━━━ Data supplied

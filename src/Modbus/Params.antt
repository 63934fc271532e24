-- ===== src/Modbus/Params.antt =====
-- modbus.service.ts: `_resolveParamAddress`. A text is the list of its character codes.
use cleveremote_box.Base.{
  All, ◌==◌, leb, if◌then◌else◌, ℕ, ◌+◌, ◌-◌, ◌*◌, ◌≡◌, Bool, true, ◌&&◌, Option, none, some, List,
  [], ◌∷◌, ◌++◌, refl,
}

-- `toUpperCase` at the one letter that the pattern names
unfoldable pub upper : ℕ → ℕ
upper c = if c == b'f' then b'F' else c

abbrev pub is_digit : ℕ → Bool
is_digit c = leb b'0' c && leb c b'9'

-- The longest prefix of digits, and the rest: `\d+` is greedy.
unfoldable pub span_digits : List ℕ → List ℕ × List ℕ
span_digits [] = ([], [])
span_digits (c ∷ cs) =
    let (ds, rest) = span_digits cs in if is_digit c then (c ∷ ds, rest) else ([], c ∷ cs)

-- `parseInt(digits, 10)`
unfoldable pub parse_int : ℕ → List ℕ → ℕ
parse_int acc [] = acc
parse_int acc (c ∷ cs) = parse_int (acc * 10 + (c - b'0')) cs

-- `(\d+)$`: the digits, then the end of the text
unfoldable pub match_item : List ℕ → List ℕ × List ℕ → Option ℕ
match_item group (d ∷ ds, []) = some (parse_int 0 group * 256 + parse_int 0 (d ∷ ds))
match_item group (_, _) = none

-- `(\d+)\.(\d+)$`: the digits of the group, then a dot
unfoldable pub match_group : List ℕ × List ℕ → Option ℕ
match_group (g ∷ gs, c ∷ cs) = if c == b'.' then match_item (g ∷ gs) (span_digits cs) else none
match_group (_, _) = none

-- `_resolveParamAddress`; none is `null`.
unfoldable pub resolve_param_address : List ℕ → Option ℕ
resolve_param_address [] = none
resolve_param_address (c ∷ cs) = if upper c == b'F' then match_group (span_digits cs) else none

-- `persist ? baseAddress + 0x1000 : baseAddress`: EEPROM instead of RAM
unfoldable pub inverter_address : Bool → ℕ → ℕ
inverter_address persist base = if persist then base + 0x1000 else base

abbrev pub Digits : List ℕ → Type 0
Digits = All (λ c. is_digit c ≡ true)

-- Digits in front of something that is no digit
span_digits-append :
    (ds rest : List ℕ)
    → Digits ds
    → span_digits rest ≡ ([], rest)
    → span_digits (ds ++ rest) ≡ (ds, rest)
unfolding span_digits
span_digits-append [] rest h stop = stop
span_digits-append (d ∷ ds) rest h stop = rw (span_digits-append ds rest h.1 stop, h.0)

-- Digits alone
span_digits-all : (ds : List ℕ) → Digits ds → span_digits ds ≡ (ds, [])
unfolding span_digits
span_digits-all [] h = refl
span_digits-all (d ∷ ds) h = rw (span_digits-all ds h.1, h.0)

-- The name of a parameter, `F<group>.<item>` in either case, has the address group * 256 + item,
-- for all non-empty sequences of digits.
pub resolve_param_address-name :
    (f g : ℕ) (gs : List ℕ) (i : ℕ) (is : List ℕ)
    → upper f ≡ b'F'
    → Digits (g ∷ gs)
    → Digits (i ∷ is)
    → resolve_param_address (f ∷ g ∷ gs ++ b'.' ∷ i ∷ is)
      ≡ some (parse_int 0 (g ∷ gs) * 256 + parse_int 0 (i ∷ is))
unfolding resolve_param_address match_group match_item
resolve_param_address-name f g gs i is hf hg hi =
    let outer : span_digits (g ∷ gs ++ b'.' ∷ i ∷ is) ≡ (g ∷ gs, b'.' ∷ i ∷ is) =
      span_digits-append (g ∷ gs) (b'.' ∷ i ∷ is) hg (unfold span_digits in refl) in
    rw (hf, outer, span_digits-all (i ∷ is) hi)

━━━━━━

→ Activity
Every record above needs to be repeated word for word.

→ Answer area
filename src/Modbus/Params.antt
repository 63934fc271532e24
-- ===== src/Modbus/Params.antt =====
-- modbus.service.ts: `_resolveParamAddress`. A text is the list of its character codes.
use cleveremote_box.Base.{
  All, ◌==◌, leb, if◌then◌else◌, ℕ, ◌+◌, ◌-◌, ◌*◌, ◌≡◌, Bool, true, ◌&&◌, Option, none, some, List,
  [], ◌∷◌, ◌++◌, refl,
}

-- `toUpperCase` at the one letter that the pattern names
unfoldable pub upper : ℕ → ℕ
upper c = if c == b'f' then b'F' else c

abbrev pub is_digit : ℕ → Bool
is_digit c = leb b'0' c && leb c b'9'

-- The longest prefix of digits, and the rest: `\d+` is greedy.
unfoldable pub span_digits : List ℕ → List ℕ × List ℕ
span_digits [] = ([], [])
span_digits (c ∷ cs) =
    let (ds, rest) = span_digits cs in if is_digit c then (c ∷ ds, rest) else ([], c ∷ cs)

-- `parseInt(digits, 10)`
unfoldable pub parse_int : ℕ → List ℕ → ℕ
parse_int acc [] = acc
parse_int acc (c ∷ cs) = parse_int (acc * 10 + (c - b'0')) cs

-- `(\d+)$`: the digits, then the end of the text
unfoldable pub match_item : List ℕ → List ℕ × List ℕ → Option ℕ
match_item group (d ∷ ds, []) = some (parse_int 0 group * 256 + parse_int 0 (d ∷ ds))
match_item group (_, _) = none

-- `(\d+)\.(\d+)$`: the digits of the group, then a dot
unfoldable pub match_group : List ℕ × List ℕ → Option ℕ
match_group (g ∷ gs, c ∷ cs) = if c == b'.' then match_item (g ∷ gs) (span_digits cs) else none
match_group (_, _) = none

-- `_resolveParamAddress`; none is `null`.
unfoldable pub resolve_param_address : List ℕ → Option ℕ
resolve_param_address [] = none
resolve_param_address (c ∷ cs) = if upper c == b'F' then match_group (span_digits cs) else none

-- `persist ? baseAddress + 0x1000 : baseAddress`: EEPROM instead of RAM
unfoldable pub inverter_address : Bool → ℕ → ℕ
inverter_address persist base = if persist then base + 0x1000 else base

abbrev pub Digits : List ℕ → Type 0
Digits = All (λ c. is_digit c ≡ true)

-- Digits in front of something that is no digit
span_digits-append :
    (ds rest : List ℕ)
    → Digits ds
    → span_digits rest ≡ ([], rest)
    → span_digits (ds ++ rest) ≡ (ds, rest)
unfolding span_digits
span_digits-append [] rest h stop = stop
span_digits-append (d ∷ ds) rest h stop = rw (span_digits-append ds rest h.1 stop, h.0)

-- Digits alone
span_digits-all : (ds : List ℕ) → Digits ds → span_digits ds ≡ (ds, [])
unfolding span_digits
span_digits-all [] h = refl
span_digits-all (d ∷ ds) h = rw (span_digits-all ds h.1, h.0)

-- The name of a parameter, `F<group>.<item>` in either case, has the address group * 256 + item,
-- for all non-empty sequences of digits.
pub resolve_param_address-name :
    (f g : ℕ) (gs : List ℕ) (i : ℕ) (is : List ℕ)
    → upper f ≡ b'F'
    → Digits (g ∷ gs)
    → Digits (i ∷ is)
    → resolve_param_address (f ∷ g ∷ gs ++ b'.' ∷ i ∷ is)
      ≡ some (parse_int 0 (g ∷ gs) * 256 + parse_int 0 (i ∷ is))
unfolding resolve_param_address match_group match_item
resolve_param_address-name f g gs i is hf hg hi =
    let outer : span_digits (g ∷ gs ++ b'.' ∷ i ∷ is) ≡ (g ∷ gs, b'.' ∷ i ∷ is) =
      span_digits-append (g ∷ gs) (b'.' ∷ i ∷ is) hg (unfold span_digits in refl) in
    rw (hf, outer, span_digits-all (i ∷ is) hi)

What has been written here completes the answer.